ASEAN has supported the BRI from the onset. However, ASEAN would like the BRI to complement and not supplant the Master Plan on ASEAN Connectivity 2025.
South China Sea
ASEAN and China have both convergent and divergent views on the South China Sea.
ASEAN holds the view that the South China Sea is a vital sea line of communications of the world. It is, therefore, a global commons and cannot be appropriated by any state.
ASEAN is also of the view that the South China Sea is governed by international law, including the 1982 UN Convention on the Law of the Sea. All the claimant states and the user states should act strictly in accordance with the law.
ASEAN holds the position that disputes relating to the South China Sea must be settled peacefully, in accordance with international law.
If negotiations fail, the parties to a dispute should be willing to refer their cases to a binding dispute settlement procedure, such as, conciliation, arbitration or adjudication.
China is a claimant state. Four of the ASEAN members—Brunei, Malaysia, the Philippines and Vietnam—are also claimant states.
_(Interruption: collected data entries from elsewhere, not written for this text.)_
-- ===== src/Debug/Dialogue.antt =====
-- The whole of a debug connection: the messages that come to it, in any order, with what is asked, what is
-- answered, and the calls whose proxies have not reported.
use thespian.Prelude.{
  ℕ, ◌+◌, ◌<◌, ◌^◌, ◌≡◌, Bool, true, false, List, [], ◌∷◌, ◌++◌, if◌then◌else◌, bytes_eq, ◌==◌, suc,
}
use thespian.Prelude.Int.{ℤ}
use thespian.Cbor.Result.{Bytes}
use thespian.Actor.Messages.{null_value}
use thespian.Debug.Commands.{
  Command, dispatch_json, expected_object, ignored, dispatch_text, without_return,
}
use thespian.Debug.Commands
use thespian.Debug.Session.{Session, World, Activation}
use thespian.Debug.Json.{fields_of, id_of}
use thespian.Debug.Reports.{on_call_reply, on_call_timeout, on_call_error, on_tap, on_message}
use thespian.Debug.Receive.{on_dispatch, on_read, on_written}
use thespian.Debug.Answers.{answered_ids, started, lives}

-- The messages that do not end the actor; `reports` is one of the three of a `call_proxy`.
pub data Report : Type 0 where
  replied : Bytes → Bytes → Report
  timed_out : Report
  failed : Bytes → Report

pub data Input : Type 0 where
  line : Bytes → Input
  report : ℕ → Report → Input
  chunk : Bytes → Input
  written : ℤ → Input
  tapped : Bytes → Bytes → Bytes → Bytes → Input
  message : Bytes → Bytes → Input

unfoldable pub on_report : World → ℕ → Report → Session → Activation
unfolding on_call_reply on_call_timeout on_call_error
on_report w seq (replied name r) s = on_call_reply w seq name r s
on_report w seq timed_out s = on_call_timeout w seq s
on_report w seq (failed r) s = on_call_error w seq r s

unfoldable pub handle : World → Input → Session → Activation
unfolding on_dispatch on_report on_read on_written on_tap on_message
handle w (line buf) s = on_dispatch w buf s
handle w (report seq r) s = on_report w seq r s
handle w (chunk buf) s = on_read buf s
handle w (written n) s = on_written n s
handle w (tapped name dir peer r) s = on_tap w name dir peer r s
handle w (message sender m) s = on_message w sender m s

-- The id that a line asks an answer for: a JSON object its own, and another line that is not blank, after
-- the first object, a null.
abbrev pub command_ids : World → Command → List Bytes
command_ids w (dispatch_json l) = id_of (fields_of w l) ∷ []
command_ids w expected_object = null_value ∷ []
command_ids w ignored = []
command_ids w (dispatch_text l) = []

abbrev pub asked_by : World → Input → Session → List Bytes
asked_by w (line buf) s = command_ids w (Commands.dispatch s.json_mode buf).1
asked_by w _ s = []

unfoldable pub remove : ℕ → List ℕ → List ℕ
remove seq [] = []
remove seq (n ∷ ns) = let rest = remove seq ns in if n == seq then ns else n ∷ rest

unfoldable pub holds : ℕ → List ℕ → Bool
holds seq [] = false
holds seq (n ∷ ns) = let rest = holds seq ns in if n == seq then true else rest

pub record State : Type 0 where
  pub session : Session
  pub open_calls : List ℕ
  pub asked : List Bytes
  pub answered : List Bytes

-- A proxy reports once, and only a call that was started; 2^64 calls are not reached.
abbrev pub Comes : Input → State → Type 0
Comes (line buf) st = st.session.next_call + 1 < 2 ^ 64
Comes (report seq r) st = holds seq st.open_calls ≡ true
Comes _ st = Unit

abbrev pub left_open : Input → List ℕ → List ℕ
left_open (report seq r) calls = remove seq calls
left_open _ calls = calls

unfoldable pub advance : World → Input → State → State
unfolding handle remove
advance w i st =
    let a = handle w i st.session in
    record {
      session = a.session;
      open_calls = left_open i st.open_calls ++ started a.effects;
      asked = st.asked ++ asked_by w i st.session;
      answered = st.answered ++ answered_ids a.effects;
    }

-- A run of the connection, each message in its own world, as long as no exception ends the actor.
pub data Run (st : State) : State → Type 0 where
  here : Run st st
  next :
      {u : State}
      → Run st u
      → (w : World) (i : Input) → Comes i u
      → lives (handle w i u.session).ending ≡ true
      → Run st (advance w i u)

-- A connection that has taken no command.
abbrev pub opened : Session → State
opened s = record { session = s; open_calls = []; asked = []; answered = [] }

-- How often an id stands in a list.
unfoldable pub count : Bytes → List Bytes → ℕ
count id [] = 0
count id (x ∷ xs) = let rest = count id xs in if bytes_eq x id then suc rest else rest

abbrev pub numbers : List (ℕ × Bytes) → List ℕ
numbers [] = []
numbers ((n, i) ∷ calls) = n ∷ numbers calls

abbrev pub waiting_ids : List (ℕ × Bytes) → List Bytes
waiting_ids [] = []
waiting_ids ((n, i) ∷ calls) = i ∷ waiting_ids calls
ASEAN is not a claimant state and does not take sides regarding the merit of the various claims. But it is a stakeholder. It has a stake in peace in the region, in the freedom of navigation and overflight and in upholding the rule of law.
In 2002, China signed the Declaration of Conduct of Parties in the South China Sea. In 2011, the two sides adopted the guidelines for the implementation of the declaration. In 2016, the foreign ministers of the two sides adopted a joint statement to ensure the full and effective implementation of the declaration.
In 2017, ASEAN and China announced the commencement of the negotiations of the Code of Conduct in South China Sea. This year, the two sides arrived at a single negotiating text, which would be the basis of further negotiations.
Given goodwill on all sides, it should be possible to make further progress towards resolving outstanding issues of its geographical scope, whether the code will be legally binding and whether to include dispute settlement.
Evolving Ties
The relationship between ASEAN and China has gone through three historical phases. It has transitioned from hostility to amity to uncertainty.
Why uncertain? Because China is now a rich and powerful country. The question is whether such a China will continue to pursue a policy of good neighbourliness towards ASEAN and its member states.
I am optimistic. I believe that it is in China’s national interest to have good relations with ASEAN and with its neighbours in Southeast Asia.